### DATA PROVIDED ###

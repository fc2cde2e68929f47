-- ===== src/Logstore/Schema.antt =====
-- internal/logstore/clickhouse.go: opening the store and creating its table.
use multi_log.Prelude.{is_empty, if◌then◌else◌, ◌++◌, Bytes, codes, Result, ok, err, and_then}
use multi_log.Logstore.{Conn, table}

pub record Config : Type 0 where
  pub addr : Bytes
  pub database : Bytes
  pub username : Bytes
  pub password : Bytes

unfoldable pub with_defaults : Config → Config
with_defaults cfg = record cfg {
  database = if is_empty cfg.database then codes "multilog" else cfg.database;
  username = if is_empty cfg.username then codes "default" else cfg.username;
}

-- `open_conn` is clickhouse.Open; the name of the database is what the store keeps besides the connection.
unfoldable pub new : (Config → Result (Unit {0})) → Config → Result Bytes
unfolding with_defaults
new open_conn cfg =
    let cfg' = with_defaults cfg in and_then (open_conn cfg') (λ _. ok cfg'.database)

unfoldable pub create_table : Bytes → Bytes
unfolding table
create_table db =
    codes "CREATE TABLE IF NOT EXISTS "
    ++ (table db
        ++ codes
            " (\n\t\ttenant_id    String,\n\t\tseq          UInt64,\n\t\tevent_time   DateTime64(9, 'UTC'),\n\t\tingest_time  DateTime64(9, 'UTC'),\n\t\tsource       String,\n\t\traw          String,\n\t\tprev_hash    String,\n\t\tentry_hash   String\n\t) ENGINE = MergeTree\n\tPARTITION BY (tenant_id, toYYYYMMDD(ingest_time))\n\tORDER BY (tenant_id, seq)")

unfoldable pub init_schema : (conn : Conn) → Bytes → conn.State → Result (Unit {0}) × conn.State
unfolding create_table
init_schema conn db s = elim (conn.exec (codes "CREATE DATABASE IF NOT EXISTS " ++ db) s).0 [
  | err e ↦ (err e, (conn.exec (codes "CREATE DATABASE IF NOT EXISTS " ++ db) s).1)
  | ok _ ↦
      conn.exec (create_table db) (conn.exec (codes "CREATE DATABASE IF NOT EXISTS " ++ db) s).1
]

###

YOUR ASSIGNMENT => Print every line of the listing shown above, exactly.

COMPLETED EXERCISE =>
repository fc2cde2e68929f47
-- ===== src/Logstore/Schema.antt =====
-- internal/logstore/clickhouse.go: opening the store and creating its table.
use multi_log.Prelude.{is_empty, if◌then◌else◌, ◌++◌, Bytes, codes, Result, ok, err, and_then}
use multi_log.Logstore.{Conn, table}

pub record Config : Type 0 where
  pub addr : Bytes
  pub database : Bytes
  pub username : Bytes
  pub password : Bytes

unfoldable pub with_defaults : Config → Config
with_defaults cfg = record cfg {
  database = if is_empty cfg.database then codes "multilog" else cfg.database;
  username = if is_empty cfg.username then codes "default" else cfg.username;
}

-- `open_conn` is clickhouse.Open; the name of the database is what the store keeps besides the connection.
unfoldable pub new : (Config → Result (Unit {0})) → Config → Result Bytes
unfolding with_defaults
new open_conn cfg =
    let cfg' = with_defaults cfg in and_then (open_conn cfg') (λ _. ok cfg'.database)

unfoldable pub create_table : Bytes → Bytes
unfolding table
create_table db =
    codes "CREATE TABLE IF NOT EXISTS "
    ++ (table db
        ++ codes
            " (\n\t\ttenant_id    String,\n\t\tseq          UInt64,\n\t\tevent_time   DateTime64(9, 'UTC'),\n\t\tingest_time  DateTime64(9, 'UTC'),\n\t\tsource       String,\n\t\traw          String,\n\t\tprev_hash    String,\n\t\tentry_hash   String\n\t) ENGINE = MergeTree\n\tPARTITION BY (tenant_id, toYYYYMMDD(ingest_time))\n\tORDER BY (tenant_id, seq)")

unfoldable pub init_schema : (conn : Conn) → Bytes → conn.State → Result (Unit {0}) × conn.State
unfolding create_table
init_schema conn db s = elim (conn.exec (codes "CREATE DATABASE IF NOT EXISTS " ++ db) s).0 [
  | err e ↦ (err e, (conn.exec (codes "CREATE DATABASE IF NOT EXISTS " ++ db) s).1)
  | ok _ ↦
      conn.exec (create_table db) (conn.exec (codes "CREATE DATABASE IF NOT EXISTS " ++ db) s).1
]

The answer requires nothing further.